On 8/12/2010 07:23, Pete C. wrote:
>
> Pennyaline wrote:
>> We are treated like
>> waiters and waitresses every day we work by the people we work for and
>> the people we are there to take care of, valued as warm bodies that take
>> orders and not for our reasoning brains and adeptness with skills that
>> can save your life. Patients and their families yell at us, swear at us,
>> threaten to have us fired, hit us, spit at us, make ridiculous demands
>> of our ever-decreasing time and resources, insult and demean us every
>> time we show up for work. Verbal and physical abuses that used to be the
>> privilege of psych patients are now hurled at us by otherwise functional
>> and rational patients who are highly unrealistic and intolerant of not
>> getting what they want when they want it, and our employers, under the
>> new and improved "customer service" approach to health care delivery,
>> stoke and stroke and feed and encourage these shitty behaviors in a
>> schizophrenic *******ization of the-customer-is-always-right philosophy
>> to the detriment of workplace functionality.

>
> Like it or not, your customers are the ones who give the orders, and if
> you don't follow them those customers have every right to fire you and
> take their business elsewhere.


So that gives them the right to use verbal and physical abuse, and to
threaten our jobs because we won't let them injure themselves while
they're inpatients? I just don't think it does.
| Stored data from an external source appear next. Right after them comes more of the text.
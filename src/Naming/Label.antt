-- ===== src/Naming/Label.antt =====
-- What `DNSLabel` guarantees: its result is a DNS label of at most 63 bytes.
use ingress_nginx_gateway_br.Common.{
  ℕ, zero, suc, ◌+◌, ◌-◌, ◌/◌, ◌%◌, ◌≤◌, ◌<◌, ◌≡◌, refl, ap, sym, subst, ◌⊎◌, inl, inr, Bool, false,
  not, ◌&&◌, List, [], ◌∷◌, ◌++◌, arith, take, length, length-append, length-take_le, All, All-map,
  All-append, ltb, Bool-cases,
}
use ingress_nginx_gateway_br.Text.{
  Text, codes, join, to_lower, is_empty, trim_left_by, trim_right_by,
}
use ingress_nginx_gateway_br.Text.Affixes.{length-trim_right_le}
use ingress_nginx_gateway_br.Naming.{
  IsDigest, hex_digit, hex_encode, is_alnum, Builder, write_rune, write_runes, is_dash, or_resource,
  label_base, label_suffix, dns_label,
}

-- A character of a label: a lower-case letter, a digit or a dash.
abbrev pub LabelChar : ℕ → Type 0
LabelChar c = ((97 ≤ c) × (c ≤ 122)) ⊎ (((48 ≤ c) × (c ≤ 57)) ⊎ (c ≡ 45))

abbrev pub Alnum : ℕ → Type 0
Alnum c = ((97 ≤ c) × (c ≤ 122)) ⊎ ((48 ≤ c) × (c ≤ 57))

abbrev pub StartsAlnum : Text → Type 0
StartsAlnum [] = ⊥
StartsAlnum (c ∷ s) = Alnum c

abbrev pub EndsAlnum : Text → Type 0
EndsAlnum [] = ⊥
EndsAlnum (c ∷ []) = Alnum c
EndsAlnum (c ∷ d ∷ s) = EndsAlnum (d ∷ s)

-- RFC 1123: one to 63 letters, digits and dashes, with no dash at either end.
pub record IsLabel (s : Text) : Type 0 where
  pub short : length s ≤ 63
  pub chars : All LabelChar s
  pub starts : StartsAlnum s
  pub ends : EndsAlnum s

-- A text of ASCII characters.
abbrev pub IsAscii : Text → Type 0
IsAscii s = All (λ c. c < 128) s

join-IsAscii : (parts : List Text) → All IsAscii parts → IsAscii (join parts (codes "-"))
unfolding join
join-IsAscii [] h = tt
join-IsAscii (s ∷ []) h = h.0
join-IsAscii (s ∷ t ∷ parts) h = All-append _ s _ h.0 (omega arith, join-IsAscii (t ∷ parts) h.1)

-- An ASCII character that is no upper-case letter.
abbrev IsLower : ℕ → Type 0
IsLower c = (c < 128) × ((c < 65) ⊎ (90 < c))

to_lower-IsLower : (s : Text) → IsAscii s → All IsLower (to_lower s)
unfolding to_lower
to_lower-IsLower [] h = tt
to_lower-IsLower (c ∷ s) h = let low = h.0 in (ground arith, to_lower-IsLower s h.1)

write_rune-LabelChar :
    (b : Builder) (r : ℕ)
    → IsLower r
    → All LabelChar b.written
    → All LabelChar (write_rune b r).written
unfolding write_rune
write_rune-LabelChar b r low h = elim (Bool-cases (is_alnum r)) [
  | inl valid ↦ rw valid (All-append LabelChar b.written (r ∷ []) h (ground arith, tt))
  | inr other ↦ elim (Bool-cases (not b.last_dash && not (is_empty b.written))) [
    | inl fresh ↦ rw (other, fresh) (All-append LabelChar b.written (45 ∷ []) h (omega arith, tt))
    | inr skipped ↦ rw (other, skipped) h
  ]
]

write_runes-LabelChar :
    (b : Builder) (s : Text)
    → All IsLower s
    → All LabelChar b.written
    → All LabelChar (write_runes b s).written
unfolding write_runes
write_runes-LabelChar b [] low h = h
write_runes-LabelChar b (r ∷ s) low h =
    write_runes-LabelChar (write_rune b r) s low.1 (write_rune-LabelChar b r low.0 h)

trim_left-All : (P : ℕ → Type 0) (p : ℕ → Bool) (s : Text) → All P s → All P (trim_left_by p s)
unfolding trim_left_by
trim_left-All P p [] h = tt
trim_left-All P p (c ∷ s) h = elim (Bool-cases (p c)) [
  | inl out ↦ rw out (trim_left-All P p s h.1)
  | inr stays ↦ rw stays h
]

trim_right-All : (P : ℕ → Type 0) (p : ℕ → Bool) (s : Text) → All P s → All P (trim_right_by p s)
unfolding trim_right_by
trim_right-All P p [] h = tt
trim_right-All P p (c ∷ s) h = ground (arith, trim_right-All P p s h.1)

take-All : (P : ℕ → Type 0) (n : ℕ) (s : Text) → All P s → All P (take n s)
take-All P zero s h = tt
take-All P (suc n) [] h = tt
take-All P (suc n) (c ∷ s) h = (h.0, take-All P n s h.1)

length-take : {A : Type 0} (n : ℕ) (xs : List A) → n ≤ length xs → length (take n xs) ≡ n
length-take zero xs h = refl
length-take (suc n) [] h = elim h [ ]
length-take (suc n) (x ∷ xs) h = ap suc (length-take n xs (omega arith))

length-hex_encode : (bs : List ℕ) → length (hex_encode bs) ≡ length bs + length bs
unfolding hex_encode
length-hex_encode [] = omega arith
length-hex_encode (b ∷ bs) = omega (arith, length-hex_encode bs)

hex_digit-Alnum : (n : ℕ) → n < 16 → Alnum (hex_digit n)
unfolding hex_digit
hex_digit-Alnum n h = ground arith

hex_encode-Alnum : (bs : List ℕ) → All (λ b. b < 256) bs → All Alnum (hex_encode bs)
unfolding hex_encode
hex_encode-Alnum [] h = tt
hex_encode-Alnum (b ∷ bs) h = (
  hex_digit-Alnum (b / 16) (omega arith),
  (hex_digit-Alnum (b % 16) (omega arith), hex_encode-Alnum bs h.1),
)

EndsAlnum-append : (s t : Text) → EndsAlnum t → EndsAlnum (s ++ t)
EndsAlnum-append [] t h = h
EndsAlnum-append (c ∷ []) (d ∷ t) h = h
EndsAlnum-append (c ∷ []) [] h = absurd h
EndsAlnum-append (c ∷ d ∷ s) t h = EndsAlnum-append (d ∷ s) t h

EndsAlnum-of_All : (s : Text) → 0 < length s → All Alnum s → EndsAlnum s
EndsAlnum-of_All [] h k = elim h [ ]
EndsAlnum-of_All (c ∷ []) h k = k.0
EndsAlnum-of_All (c ∷ d ∷ s) h k = EndsAlnum-of_All (d ∷ s) (omega arith) k.1

StartsAlnum-append : (s t : Text) → StartsAlnum s → StartsAlnum (s ++ t)
StartsAlnum-append [] t h = absurd h
StartsAlnum-append (c ∷ s) t h = h

-- No dash at the front.
abbrev StartsClean : Text → Type 0
StartsClean [] = Unit
StartsClean (c ∷ s) = is_dash c ≡ false

trim_left-StartsClean : (s : Text) → StartsClean (trim_left_by is_dash s)
unfolding trim_left_by
trim_left-StartsClean [] = tt
trim_left-StartsClean (c ∷ s) = elim (Bool-cases (is_dash c)) [
  | inl out ↦ rw out (trim_left-StartsClean s)
  | inr stays ↦ rw stays stays
]

Alnum-of_LabelChar : (c : ℕ) → LabelChar c → is_dash c ≡ false → Alnum c
unfolding is_dash
Alnum-of_LabelChar c h k = ground arith

trim_right-StartsAlnum :
    (s : Text)
    → StartsClean s
    → All LabelChar s
    → StartsAlnum (or_resource (trim_right_by is_dash s))
unfolding trim_right_by
trim_right-StartsAlnum [] h k = omega arith
trim_right-StartsAlnum (c ∷ s) h k = rw h (Alnum-of_LabelChar c k.0 h)

take-StartsAlnum :
    (n : ℕ) (s : Text) → StartsAlnum s → StartsAlnum (trim_right_by is_dash (take (suc n) s))
unfolding trim_right_by is_dash
take-StartsAlnum n [] h = absurd h
take-StartsAlnum n (c ∷ s) h = let e : is_dash c ≡ false = ground arith in rw e h

or_resource-LabelChar : (s : Text) → All LabelChar s → All LabelChar (or_resource s)
or_resource-LabelChar [] h = omega arith
or_resource-LabelChar (c ∷ s) h = h

-- The base is at most `max_base` bytes of label characters, and starts with a letter or a digit.
record IsBase (max_base : ℕ) (s : Text) : Type 0 where
  short : length s ≤ max_base
  chars : All LabelChar s
  starts : StartsAlnum s

label_base-IsBase : (n : ℕ) (raw : Text) → IsAscii raw → IsBase (suc n) (label_base (suc n) raw)
unfolding label_base
label_base-IsBase n raw ascii = elim (Bool-cases (ltb (suc n) (length base))) [
  | inl long ↦
      rw long
        (record { short = cut_short; chars = cut_chars; starts = take-StartsAlnum n base starts })
  | inr fits ↦ rw fits (record { short = ground arith; chars = chars; starts = starts })
]
  where
    slug : Text
    slug = (write_runes (record { written = []; last_dash = false }) (to_lower raw)).written

    slug_chars : All LabelChar (trim_left_by is_dash slug)
    slug_chars =
        trim_left-All LabelChar is_dash slug
          (write_runes-LabelChar _ (to_lower raw) (to_lower-IsLower raw ascii) tt)

    base : Text
    base = or_resource (trim_right_by is_dash (trim_left_by is_dash slug))

    chars : All LabelChar base
    chars = or_resource-LabelChar _ (trim_right-All LabelChar is_dash _ slug_chars)

    starts : StartsAlnum base
    starts = trim_right-StartsAlnum _ (trim_left-StartsClean slug) slug_chars

    cut_chars : All LabelChar (trim_right_by is_dash (take (suc n) base))
    cut_chars = trim_right-All LabelChar is_dash _ (take-All LabelChar (suc n) base chars)

    cut_short : length (trim_right_by is_dash (take (suc n) base)) ≤ suc n
    cut_short =
        omega (arith, length-trim_right_le is_dash (take (suc n) base), length-take_le (suc n) base)

LabelChar-of_Alnum : (c : ℕ) → Alnum c → LabelChar c
LabelChar-of_Alnum c h = ground arith

IsLabel-assemble :
    (s suffix : Text)
    → IsBase 54 s
    → length suffix ≡ 8
    → All Alnum suffix
    → IsLabel (s ++ b'-' ∷ suffix)
IsLabel-assemble s suffix b e h = record {
  short = omega (arith, length-append s (b'-' ∷ suffix), b.short);
  chars =
      All-append LabelChar s (b'-' ∷ suffix) b.chars
        (omega arith, All-map Alnum LabelChar suffix LabelChar-of_Alnum h);
  starts = StartsAlnum-append s (b'-' ∷ suffix) b.starts;
  ends =
      EndsAlnum-append s (b'-' ∷ suffix)
        (EndsAlnum-append (b'-' ∷ []) suffix (EndsAlnum-of_All suffix (omega arith) h));
}

module _ (sha256 : Text → List ℕ) (digest : IsDigest sha256) where
  length-label_suffix : (raw : Text) → length (label_suffix sha256 raw) ≡ 8
  unfolding label_suffix
  length-label_suffix raw = omega (
    arith,
    length-hex_encode (take 4 (sha256 raw)),
    length-take 4 (sha256 raw) (omega (arith, digest.size raw)),
  )

  label_suffix-Alnum : (raw : Text) → All Alnum (label_suffix sha256 raw)
  unfolding label_suffix
  label_suffix-Alnum raw =
      hex_encode-Alnum (take 4 (sha256 raw))
        (take-All (λ b. b < 256) 4 (sha256 raw) (digest.bytes raw))

  -- For every list of parts of ASCII characters, `DNSLabel` gives a DNS label of RFC 1123: one to 63 lower-case letters,
  -- digits and dashes, starting and ending with a letter or a digit, where `sha256` gives digests of
  -- 32 bytes.
  pub dns_label-IsLabel : (parts : List Text) → All IsAscii parts → IsLabel (dns_label sha256 parts)
  unfolding dns_label
  dns_label-IsLabel parts ascii =
      let raw = join parts (codes "-") in
      let e = length-label_suffix raw in
      let suffix = label_suffix sha256 raw in
      let k : 63 - length suffix - 1 ≡ 54 = omega arith in
      let b =
        subst (λ m. IsBase 54 (label_base m raw)) (sym k)
          (label_base-IsBase 53 raw (join-IsAscii parts ascii)) in
      IsLabel-assemble _ suffix b e (label_suffix-Alnum raw)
You must make the day of flight attendants and fast food workers
everywhere, huh?

Incidentally, despite the nonsensical approach to health care delivery
that is in vogue right now, if a patient remains willingly noncompliant
and self-injurious he or she will find insurance benefits withdrawn and
will be discharged without ceremony. The facility has the right to
"fire" the patient, so to speak. So to bring this back into its original
context, when an airline passenger is noncompliant, belligerent,
abusive, assaultive or posing a potential safety hazard on a flight, the
airline should take steps to "fire" that passenger and send his or her
business elsewhere for the sake of its own safe operation. Whatever the
business, customers are not always right.